Una celebrazione accompagnata da un video proiettato all’inizio della sfilata, da una mostra all’Armani Silos, dall’uscita in passerella dei collaboratori storici Silvana Armani e Leo Dell’Orco, direttori degli uffici stile donna e uomo dell’Emporio, da una puntata speciale del magazine che porta il nome della linea, e anche da qualche riflessione.

Giorgio Armani (c) and Emporio Armani and Sergio Galeotti (R) poses with models at the endof Emporio Armani Spring Summer 2022 collection during Milan Fashion Week, Milan, Italy, 23 September 2021. ANSA/DANIEL DAL ZENNARO

“Sono stati 40 anni duri, durissimi ma anche belli, bellissimi, nonostante 40 anni di fantasie strane, proposte anche assurde, vedere dei ragazzi così semplici, puliti e carini – riflette Armani – mi ha fatto molto piacere, tengo duro per quello, perché ritengo il mio modo di pensare trovi poi un riscontro notevole”. E se in 4 decenni Emporio trova ancora la via per arrivare ai giovani e rimanere nuovo un motivo c’è: “ci sono le cure termali e i lifting” scherza Armani, spiegando poi che “ci si rinnova guardandosi intorno e non facendo ciò che ti viene proposto”.

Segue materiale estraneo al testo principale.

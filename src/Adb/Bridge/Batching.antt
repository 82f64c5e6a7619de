-- ===== src/Adb/Bridge/Batching.antt =====
-- internal/adb/bridge.go: what `pump` gives to the store.
use tracelab.Prelude.{
  String, ◌≡◌, ◌≢◌, refl, sym, ap, ◌∙◌, true, Option, none, some, List, [], ◌∷◌, ◌++◌, map,
  append-nil, append_assoc, arith, ℤ, pos, int_leb, length, Option-cases, Bool-cases, inl, inr,
}
use tracelab.Adb.Logcat.{LogcatLine}
use tracelab.Adb.Bridge.{
  BridgeConfig, Effect, created, inserted, published, ended, PendingEvent, line_to_event, Signal,
  line, eof, tick, cancelled, waiting, Pump, start, insert_batch, flush, publish, take_line,
  on_line, pump,
}
use tracelab.Store.Schema.{Event}
use tracelab.Ws.Hub.{Event as WsEvent}

-- The events that went to the store, in order.
abbrev pub stored : List Effect → List Event
stored [] = []
stored (created s ∷ fx) = stored fx
stored (inserted s es ∷ fx) = es ++ stored fx
stored (published e ∷ fx) = stored fx
stored (ended s ∷ fx) = stored fx

stored-append : (fx gx : List Effect) → stored (fx ++ gx) ≡ stored fx ++ stored gx
stored-append [] gx = refl
stored-append (created s ∷ fx) gx = stored-append fx gx
stored-append (inserted s es ∷ fx) gx =
    rw (stored-append fx gx) (sym (append_assoc es (stored fx) (stored gx)))
stored-append (published e ∷ fx) gx = stored-append fx gx
stored-append (ended s ∷ fx) gx = stored-append fx gx

stored-insert_batch : (s : String) (es : List Event) → stored (insert_batch s es) ≡ es
stored-insert_batch s [] = refl
stored-insert_batch s (e ∷ es) = append-nil (e ∷ es)

module _ (build_meta : LogcatLine → String → String) (cfg : BridgeConfig)
    (session_id : String) where
  abbrev pub cons_kept : Option PendingEvent → List PendingEvent → List PendingEvent
  cons_kept none es = es
  cons_kept (some e) es = e ∷ es

  -- The events of the lines that come before the stop, without those that are dropped.
  abbrev pub kept : List Signal → List PendingEvent
  kept [] = []
  kept (line l now ∷ ss) = cons_kept (line_to_event build_meta cfg session_id l now) (kept ss)
  kept (eof ∷ ss) = []
  kept (tick ∷ ss) = kept ss
  kept (cancelled ∷ ss) = []

  -- What the pump has taken over: in the store, or still in the buffer.
  abbrev taken : Pump → List Event
  taken p = stored p.effects ++ p.buf

  abbrev pub stores : List PendingEvent → List Event
  stores es = map (λ (e : PendingEvent). e.store_event) es

  taken-flush : (p : Pump) → taken (flush session_id p) ≡ taken p
  unfolding flush
  taken-flush p =
      append-nil _
      ∙ stored-append p.effects (insert_batch session_id p.buf)
      ∙ ap (λ es. stored p.effects ++ es) (stored-insert_batch session_id p.buf)

  stored-publish : (e : WsEvent) → stored (publish build_meta cfg session_id e) ≡ []
  stored-publish e = ground arith

  taken-take_line :
      (e : PendingEvent) (p : Pump)
      → taken (take_line build_meta cfg session_id e p) ≡ taken p ++ e.store_event ∷ []
  unfolding take_line
  taken-take_line e p =
      let sent = p.effects ++ publish build_meta cfg session_id e.ws_event in
      let q : Pump = record p {
        got_any = true;
        buf = p.buf ++ e.store_event ∷ [];
        effects = sent;
      } in
      let same : stored sent ≡ stored p.effects =
        stored-append p.effects _ ∙ rw stored-publish (append-nil (stored p.effects)) in
      let done : taken q ≡ taken p ++ e.store_event ∷ [] =
        rw same (sym (append_assoc (stored p.effects) p.buf (e.store_event ∷ []))) in
      elim (Bool-cases (int_leb cfg.batch_size (pos (length q.buf)))) [
        | inl full ↦ rw full (taken-flush q ∙ done)
        | inr room ↦ rw room done
      ]

  taken-on_line :
      (l : LogcatLine) (now : ℤ) (p : Pump)
      → taken (on_line build_meta cfg session_id l now p)
        ≡ taken p ++ stores (cons_kept (line_to_event build_meta cfg session_id l now) [])
  unfolding on_line
  taken-on_line l now p = elim (Option-cases (line_to_event build_meta cfg session_id l now)) [
    | inl e ↦ rw e (sym (append-nil (taken p)))
    | inr (evt, e) ↦ rw e (taken-take_line evt p)
  ]

  stores-cons_kept :
      (o : Option PendingEvent) (es : List PendingEvent)
      → stores (cons_kept o es) ≡ stores (cons_kept o []) ++ stores es
  stores-cons_kept none es = refl
  stores-cons_kept (some e) es = refl

  taken-pump :
      (ss : List Signal) (p : Pump)
      → taken (pump build_meta cfg session_id ss p).0 ≡ taken p ++ stores (kept ss)
  unfolding pump
  taken-pump [] p = sym (append-nil (taken p))
  taken-pump (line l now ∷ ss) p =
      taken-pump ss (on_line build_meta cfg session_id l now p)
      ∙ rw taken-on_line (append_assoc (taken p) _ (stores (kept ss)))
      ∙ ap (λ es. taken p ++ es)
          (sym (stores-cons_kept (line_to_event build_meta cfg session_id l now) (kept ss)))
  taken-pump (eof ∷ ss) p = taken-flush p ∙ sym (append-nil (taken p))
  taken-pump (tick ∷ ss) p =
      taken-pump ss (flush session_id p) ∙ ap (λ es. es ++ stores (kept ss)) (taken-flush p)
  taken-pump (cancelled ∷ ss) p = taken-flush p ∙ sym (append-nil (taken p))

  pump-flushed :
      (ss : List Signal) (p : Pump)
      → (pump build_meta cfg session_id ss p).1 ≢ waiting
      → (pump build_meta cfg session_id ss p).0.buf ≡ []
  unfolding pump flush
  pump-flushed [] p h = absurd (h refl)
  pump-flushed (line l now ∷ ss) p h = pump-flushed ss (on_line build_meta cfg session_id l now p) h
  pump-flushed (eof ∷ ss) p h = refl
  pump-flushed (tick ∷ ss) p h = pump-flushed ss (flush session_id p) h
  pump-flushed (cancelled ∷ ss) p h = refl

  -- When the pump stops, at the end of the stream or at a cancellation, the batches that it has
  -- given to the store are together the kept lines that came before the stop: each once, in order,
  -- with nothing left in the buffer.
  pub stored-pump :
      (ss : List Signal)
      → (pump build_meta cfg session_id ss start).1 ≢ waiting
      → (stored (pump build_meta cfg session_id ss start).0.effects ≡ stores (kept ss))
        × ((pump build_meta cfg session_id ss start).0.buf ≡ [])
  stored-pump ss h =
      let done = taken-pump ss start in
      let empty = pump-flushed ss start h in (sym (append-nil _) ∙ rw empty at done, empty)
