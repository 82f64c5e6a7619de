-- ===== src/Adb/Bridge/Bounds.antt =====
-- internal/adb/bridge.go: how large the batches of `pump` are.
use tracelab.Prelude.{
  ℕ, suc, ◌≤◌, ◌<◌, String, ◌≡◌, refl, true, Option, none, some, List, [], ◌∷◌, ◌++◌, arith, pos,
  int_leb, length, length-append, Bool-cases, inl, inr,
}
use tracelab.Adb.Logcat.{LogcatLine}
use tracelab.Adb.Bridge.{
  BridgeConfig, Effect, created, inserted, published, ended, PendingEvent, line_to_event, Signal,
  line, eof, tick, cancelled, Pump, start, insert_batch, flush, publish, take_line, take_kept,
  on_line, pump,
}
use tracelab.Store.Schema.{Event}
use tracelab.Ws.Hub.{Event as WsEvent}

module _ (build_meta : LogcatLine → String → String) (cfg : BridgeConfig)
    (session_id : String) where
  -- Every batch is for this session, holds something, and no more than `n` events.
  abbrev pub Batches : ℕ → List Effect → Type 0
  Batches n [] = Unit
  Batches n (inserted s es ∷ fx) =
      (s ≡ session_id) × (0 < length es) × (length es ≤ n) × Batches n fx
  Batches n (created s ∷ fx) = Batches n fx
  Batches n (published e ∷ fx) = Batches n fx
  Batches n (ended s ∷ fx) = Batches n fx

  Batches-append :
      (n : ℕ) (fx gx : List Effect) → Batches n fx → Batches n gx → Batches n (fx ++ gx)
  Batches-append n [] gx h k = k
  Batches-append n (created s ∷ fx) gx h k = Batches-append n fx gx h k
  Batches-append n (inserted s es ∷ fx) gx h k = (h.0, h.1, h.2, Batches-append n fx gx h.3 k)
  Batches-append n (published e ∷ fx) gx h k = Batches-append n fx gx h k
  Batches-append n (ended s ∷ fx) gx h k = Batches-append n fx gx h k

  Batches-insert_batch :
      (n : ℕ) (es : List Event) → length es ≤ n → Batches n (insert_batch session_id es)
  Batches-insert_batch n [] h = tt
  Batches-insert_batch n (e ∷ es) h = (refl, omega arith, h, tt)

  Batches-publish : (n : ℕ) (e : WsEvent) → Batches n (publish build_meta cfg session_id e)
  Batches-publish n e = elim (Bool-cases cfg.has_hub) [ inl h ↦ rw h tt | inr h ↦ rw h tt ]

  module _ (m : ℕ) (size : cfg.batch_size ≡ pos (suc m)) where
    -- Between two rounds there is room for one more line.
    record Fits (p : Pump) : Type 0 where
      batches : Batches (suc m) p.effects
      room : length p.buf ≤ m

    flush-Batches :
        (p : Pump) → Batches (suc m) p.effects → length p.buf ≤ suc m → Fits (flush session_id p)
    unfolding flush
    flush-Batches p h k = record {
      batches = Batches-append (suc m) p.effects _ h (Batches-insert_batch (suc m) p.buf k);
      room = omega arith;
    }

    take_line-Fits :
        (e : PendingEvent) (p : Pump) → Fits p → Fits (take_line build_meta cfg session_id e p)
    unfolding take_line
    take_line-Fits e p f =
        let sent = p.effects ++ publish build_meta cfg session_id e.ws_event in
        let q : Pump = record p {
          got_any = true;
          buf = p.buf ++ e.store_event ∷ [];
          effects = sent;
        } in
        let ok =
          Batches-append (suc m) p.effects _ f.batches (Batches-publish (suc m) e.ws_event) in
        let grown = length-append p.buf (e.store_event ∷ []) in
        elim (Bool-cases (int_leb cfg.batch_size (pos (length q.buf)))) [
          | inl full ↦ rw full (flush-Batches q ok (omega (arith, grown, f.room)))
          | inr room ↦ rw room (record { batches = ok; room = ground (arith, grown, size, f.room) })
        ]

    take_kept-Fits :
        (o : Option PendingEvent) (p : Pump)
        → Fits p
        → Fits (take_kept build_meta cfg session_id o p)
    take_kept-Fits none p f = f
    take_kept-Fits (some e) p f = take_line-Fits e p f

    pump-Fits :
        (ss : List Signal) (p : Pump) → Fits p → Fits (pump build_meta cfg session_id ss p).0
    unfolding pump
    pump-Fits [] p f = f
    pump-Fits (line l now ∷ ss) p f =
        pump-Fits ss (on_line build_meta cfg session_id l now p)
          (unfold on_line in take_kept-Fits (line_to_event build_meta cfg session_id l now) p f)
    pump-Fits (eof ∷ ss) p f = flush-Batches p f.batches (omega (arith, f.room))
    pump-Fits (tick ∷ ss) p f =
        pump-Fits ss (flush session_id p) (flush-Batches p f.batches (omega (arith, f.room)))
    pump-Fits (cancelled ∷ ss) p f = flush-Batches p f.batches (omega (arith, f.room))

  -- With a positive batch size, every insert is for the session of the pump, never empty, and
  -- within that size, and what is buffered is always below it.
  pub pump-Batches :
      (m : ℕ) (ss : List Signal)
      → cfg.batch_size ≡ pos (suc m)
      → Batches (suc m) (pump build_meta cfg session_id ss start).0.effects
        × (length (pump build_meta cfg session_id ss start).0.buf ≤ m)
  pump-Batches m ss size =
      let f = pump-Fits m size ss start (record { batches = tt; room = omega arith }) in
      (f.batches, f.room)
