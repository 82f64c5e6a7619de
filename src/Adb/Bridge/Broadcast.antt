-- ===== src/Adb/Bridge/Broadcast.antt =====
-- internal/adb/bridge.go: what `pump` publishes.
use tracelab.Prelude.{
  String, ◌≡◌, refl, sym, ap, ◌∙◌, true, Option, none, some, List, [], ◌∷◌, ◌++◌, map, append-nil,
  append_assoc, map-append, arith, ℤ, pos, int_leb, if◌then◌else◌, length, Bool-cases, inl, inr,
}
use tracelab.Adb.Logcat.{LogcatLine}
use tracelab.Adb.Bridge.{
  BridgeConfig, Effect, created, inserted, published, ended, PendingEvent, line_to_event, Signal,
  line, eof, tick, cancelled, Pump, start, insert_batch, flush, publish, take_line, take_kept,
  on_line, pump,
}
use tracelab.Store.Schema.{Event}
use tracelab.Ws.Hub.{Event as WsEvent}
use tracelab.Adb.Bridge.Batching.{cons_kept, kept}

-- The events that went to the hub, in order.
abbrev pub broadcast : List Effect → List WsEvent
broadcast [] = []
broadcast (created s ∷ fx) = broadcast fx
broadcast (inserted s es ∷ fx) = broadcast fx
broadcast (published e ∷ fx) = e ∷ broadcast fx
broadcast (ended s ∷ fx) = broadcast fx

broadcast-append : (fx gx : List Effect) → broadcast (fx ++ gx) ≡ broadcast fx ++ broadcast gx
broadcast-append [] gx = refl
broadcast-append (created s ∷ fx) gx = broadcast-append fx gx
broadcast-append (inserted s es ∷ fx) gx = broadcast-append fx gx
broadcast-append (published e ∷ fx) gx = ap (◌∷◌ e) (broadcast-append fx gx)
broadcast-append (ended s ∷ fx) gx = broadcast-append fx gx

broadcast-insert_batch : (s : String) (es : List Event) → broadcast (insert_batch s es) ≡ []
broadcast-insert_batch s [] = refl
broadcast-insert_batch s (e ∷ es) = refl

module _ (build_meta : LogcatLine → String → String) (cfg : BridgeConfig)
    (session_id : String) where
  abbrev shown : List PendingEvent → List WsEvent
  shown es = if cfg.has_hub then map (λ (e : PendingEvent). e.ws_event) es else []

  shown-append : (xs ys : List PendingEvent) → shown (xs ++ ys) ≡ shown xs ++ shown ys
  shown-append xs ys = ground (arith, map-append (λ (e : PendingEvent). e.ws_event) xs ys)

  broadcast-flush : (p : Pump) → broadcast (flush session_id p).effects ≡ broadcast p.effects
  unfolding flush
  broadcast-flush p =
      broadcast-append p.effects (insert_batch session_id p.buf)
      ∙ rw broadcast-insert_batch (append-nil (broadcast p.effects))

  broadcast-take_line :
      (e : PendingEvent) (p : Pump)
      → broadcast (take_line build_meta cfg session_id e p).effects
        ≡ broadcast p.effects ++ shown (e ∷ [])
  unfolding take_line
  broadcast-take_line e p =
      let sent = p.effects ++ publish build_meta cfg session_id e.ws_event in
      let q : Pump = record p {
        got_any = true;
        buf = p.buf ++ e.store_event ∷ [];
        effects = sent;
      } in
      let done : broadcast sent ≡ broadcast p.effects ++ shown (e ∷ []) =
        broadcast-append p.effects _ ∙ ap (λ es. broadcast p.effects ++ es) (ground arith) in
      elim (Bool-cases (int_leb cfg.batch_size (pos (length q.buf)))) [
        | inl full ↦ rw full (broadcast-flush q ∙ done)
        | inr room ↦ rw room done
      ]

  broadcast-take_kept :
      (o : Option PendingEvent) (p : Pump)
      → broadcast (take_kept build_meta cfg session_id o p).effects
        ≡ broadcast p.effects ++ shown (cons_kept build_meta cfg session_id o [])
  broadcast-take_kept none p = ground (arith, append-nil (broadcast p.effects))
  broadcast-take_kept (some e) p = broadcast-take_line e p

  shown-cons_kept :
      (o : Option PendingEvent) (es : List PendingEvent)
      → shown (cons_kept build_meta cfg session_id o es)
        ≡ shown (cons_kept build_meta cfg session_id o []) ++ shown es
  shown-cons_kept none es = ground arith
  shown-cons_kept (some e) es = shown-append (e ∷ []) es

  broadcast-stop : (p : Pump) → broadcast p.effects ≡ broadcast p.effects ++ shown []
  broadcast-stop p = ground (arith, append-nil (broadcast p.effects))

  broadcast-on_line :
      (l : LogcatLine) (now : ℤ) (p : Pump)
      → broadcast (on_line build_meta cfg session_id l now p).effects
        ≡ broadcast p.effects
          ++ shown (
              cons_kept build_meta cfg session_id
                (line_to_event build_meta cfg session_id l now)
                [])
  unfolding on_line
  broadcast-on_line l now p = broadcast-take_kept (line_to_event build_meta cfg session_id l now) p

  broadcast-pump_from :
      (ss : List Signal) (p : Pump)
      → broadcast (pump build_meta cfg session_id ss p).0.effects
        ≡ broadcast p.effects ++ shown (kept build_meta cfg session_id ss)
  unfolding pump
  broadcast-pump_from [] p = broadcast-stop p
  broadcast-pump_from (line l now ∷ ss) p =
      broadcast-pump_from ss (on_line build_meta cfg session_id l now p)
      ∙ ap (λ es. es ++ shown (kept build_meta cfg session_id ss)) (broadcast-on_line l now p)
      ∙ append_assoc (broadcast p.effects) _ (shown (kept build_meta cfg session_id ss))
      ∙ ap (λ es. broadcast p.effects ++ es)
          (sym (
            shown-cons_kept (line_to_event build_meta cfg session_id l now)
              (kept build_meta cfg session_id ss)))
  broadcast-pump_from (eof ∷ ss) p = broadcast-flush p ∙ broadcast-stop p
  broadcast-pump_from (tick ∷ ss) p =
      broadcast-pump_from ss (flush session_id p)
      ∙ ap (λ es. es ++ shown (kept build_meta cfg session_id ss)) (broadcast-flush p)
  broadcast-pump_from (cancelled ∷ ss) p = broadcast-flush p ∙ broadcast-stop p

  -- At every moment, stopped or not, the hub has been given every kept line that came so far, each
  -- once and in order, if a hub is set, and nothing if none is: the broadcast waits for no batch.
  pub broadcast-pump :
      (ss : List Signal)
      → broadcast (pump build_meta cfg session_id ss start).0.effects ≡ (
          if cfg.has_hub
          then map (λ (e : PendingEvent). e.ws_event) (kept build_meta cfg session_id ss)
          else [])
  broadcast-pump ss = broadcast-pump_from ss start
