-- ===== src/Adb/Bridge/Loop.antt =====
-- internal/adb/bridge.go: one connection (`runOnce`) and the reconnect loop (`Run`).
pub mod Sessions
pub mod Backoff
use tracelab.Prelude.{
  ℕ, ◌+◌, String, Bool, true, false, Option, none, some, List, [], ◌∷◌, ◌++◌, ℤ, str_eq,
  if◌then◌else◌,
}
use tracelab.Adb.Bridge.{
  BridgeConfig, backoff_at, Effect, created, ended, Signal, Stop, waiting, stream_ended, ctx_done,
  start, pump,
}
use tracelab.Adb.Logcat.{LogcatLine}

-- The error that `runOnce` returns: nil, the context's, or another; `running` if it has not
-- returned, since the pump still waits.
pub data Outcome : Type 0 where
  clean ctx_error other_error running : Outcome

-- The answer of `CreateSession`, and that of the stream function: an error is `ctx_error` or
-- `other_error`.
pub data Created : Type 0 where
  session : String → Created
  refused : Outcome → Created

pub data Stream : Type 0 where
  lines : List Signal → Stream
  failed : Outcome → Stream

-- What the surroundings do in one round of `Run`.
pub record Attempt : Type 0 where
  pub cancelled_before : Bool
  pub create : Created
  pub stream : Stream
  pub cancelled_in_wait : Bool

-- What `runOnce` returns, with its effects.
pub record Once : Type 0 where
  pub session_id : String
  pub got_lines : Bool
  pub outcome : Outcome
  pub effects : List Effect

-- `endSession`
abbrev pub end_session : String → List Effect
end_session session_id = if str_eq session_id "" then [] else ended session_id ∷ []

-- The pump's return, and the `endSession` behind it.
abbrev pub finish : String → Stop → Bool → List Effect → Once
finish s waiting got fx = record {
  session_id = s;
  got_lines = got;
  outcome = running;
  effects = created s ∷ fx;
}
finish s stream_ended got fx = record {
  session_id = s;
  got_lines = got;
  outcome = clean;
  effects = created s ∷ (fx ++ end_session s);
}
finish s ctx_done got fx = record {
  session_id = s;
  got_lines = got;
  outcome = ctx_error;
  effects = created s ∷ (fx ++ end_session s);
}

-- What `Run` has done: its effects, the waits that it began (`none` for a panic), and whether
-- it has returned.
pub record Trace : Type 0 where
  pub effects : List Effect
  pub waits : List (Option ℤ)
  pub returned : Bool

abbrev pub before : List Effect → List (Option ℤ) → Trace → Trace
before fx ws t = record { effects = fx ++ t.effects; waits = ws ++ t.waits; returned = t.returned }

-- `attempt = 0` if the round saw a line
abbrev pub reset : Once → ℕ → ℕ
reset r attempt = if r.got_lines then 0 else attempt

module _ (cfg : BridgeConfig) where
  -- The rounds behind a `runOnce` that did not end with the context: the backoff, and the rest.
  abbrev pub reconnect : ℕ → Once → Bool → Trace → Trace
  reconnect attempt r cancelled rest =
      let wait = backoff_at cfg.backoff_schedule attempt ∷ [] in
      if cancelled
      then record { effects = r.effects; waits = wait; returned = true }
      else before r.effects wait rest

  abbrev pub after : Outcome → ℕ → Once → Bool → Trace → Trace
  after clean attempt r cancelled rest = reconnect attempt r cancelled rest
  after other_error attempt r cancelled rest = reconnect attempt r cancelled rest
  after ctx_error attempt r cancelled rest = record {
    effects = r.effects;
    waits = [];
    returned = true;
  }
  after running attempt r cancelled rest = record {
    effects = r.effects;
    waits = [];
    returned = false;
  }

module _ (build_meta : LogcatLine → String → String) (cfg : BridgeConfig) where
  -- `runOnce`
  unfoldable pub run_once : Created → Stream → Once
  run_once (refused e) stream = record {
    session_id = "";
    got_lines = false;
    outcome = e;
    effects = [];
  }
  run_once (session s) (failed e) = record {
    session_id = s;
    got_lines = false;
    outcome = e;
    effects = created s ∷ end_session s;
  }
  run_once (session s) (lines ss) =
      let (p, stop) = pump build_meta cfg s ss start in finish s stop p.got_any p.effects

  -- `Run`, over the rounds that its surroundings allow; at the end of the list it still runs.
  unfoldable pub run : ℕ → List Attempt → Trace
  run attempt [] = record { effects = []; waits = []; returned = false }
  run attempt (a ∷ as') =
      let r = run_once a.create a.stream in
      let attempt' = reset r attempt in
      let rest = run (attempt' + 1) as' in
      if a.cancelled_before
      then record { effects = []; waits = []; returned = true }
      else after cfg r.outcome attempt' r a.cancelled_in_wait rest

Seguire la propria strada, in maniera chiara, come fece nel 1981, quando nacque l’Emporio. “Disegnai un aquilotto al telefono e Sergio (Galeotti, ndr) mi chiese ‘troviamo anche noi una Lacoste?’ e io dissi, ‘cosa volta alto?’. ‘L’aquila’ rispose lui e allora facemmo l’aquila”. Un simbolo conosciuto in tutto il mondo e nato a Milano, città tanto legata al nome Armani che “da quando ho fatto il murales in Broletto – racconta lui – i tassisti chiedono ai passeggeri ‘la porto da Armani?'”. Di questo e di molto altro – la parità tra uomo e donna, l’erotismo, i viaggi – parla la mostra ‘The way we are’: “Emporio Armani nasce nel 1981 – in anticipo sui tempi. L’ho immaginato – racconta Armani – come una linea con cui sperimentare, catturando le nuove tendenze e proponendo una moda democratica, un contenitore nel quale ciascuno può trovare qualcosa e farlo proprio, interpretandolo in modo personale.
Oggi rappresenta la declinazione trasversale e dinamica del mio concetto di stile e non ha perso lo spirito iniziale di individualità e aggregazione, di ricerca e libertà”.
Lo spirito di Emporio pervade la mostra, curata personalmente da Giorgio Armani, che andrà a sostenere i progetti volti a contrastare l’abbandono scolastico di Save the Children. Anche la moda, riflette Armani, può educare: “mi sono proposto di diventare maestro e infatti mi ci chiamano” scherza, per poi spiegare che anche grazie a una cultura dell’abito “puoi riconoscere te stesso e quello che puoi essere, in un modo o in un altro, e io preferisco altro”.
Un altro che per la prossima primavera estate si traduce in una collezione che ha il suo centro nella leggerezza, nella fluidità dei tagli e nel colore: “l’ottimismo – spiega Armani – sta nel fatto che chi veste questi abiti si sente più sicuro e rasserenato“. Sono colori che partono dai toni del deserto per arrivare ai pastello e divampare in un’esplosione finale di rossi, verdi, blu saturi, per abitini di frange di paillettesper lei e completi bermuda-casacca in scintillante shantung per lui. Sono colori “un po’ fuori tema nel panorama Armani ma mi sembrava necessario – racconta lo stilista – dare un colpo di allegria e questi colori mi fanno gioire”. Così come le collane da uomo grandi e colorate, uguali a quelle di lei, in un interscambio continuo di mondo maschile e femminile. Per lei sfilano abiti sottili e segnati in vita, blouson e pantaloni fluidi proposti come nuovo suit, blazer leggeri come camicie, fantasie e linee che sono echi di viaggi. Lui condivide la stessa idea di morbida eleganza, fatta di giacche-camicia, casacche ampie e pantaloni pigiama, maglie stampate effetto tatuaggio e denim sartoriale, ma anche bermuda in shantung con bluse in seta e slipper in pelle.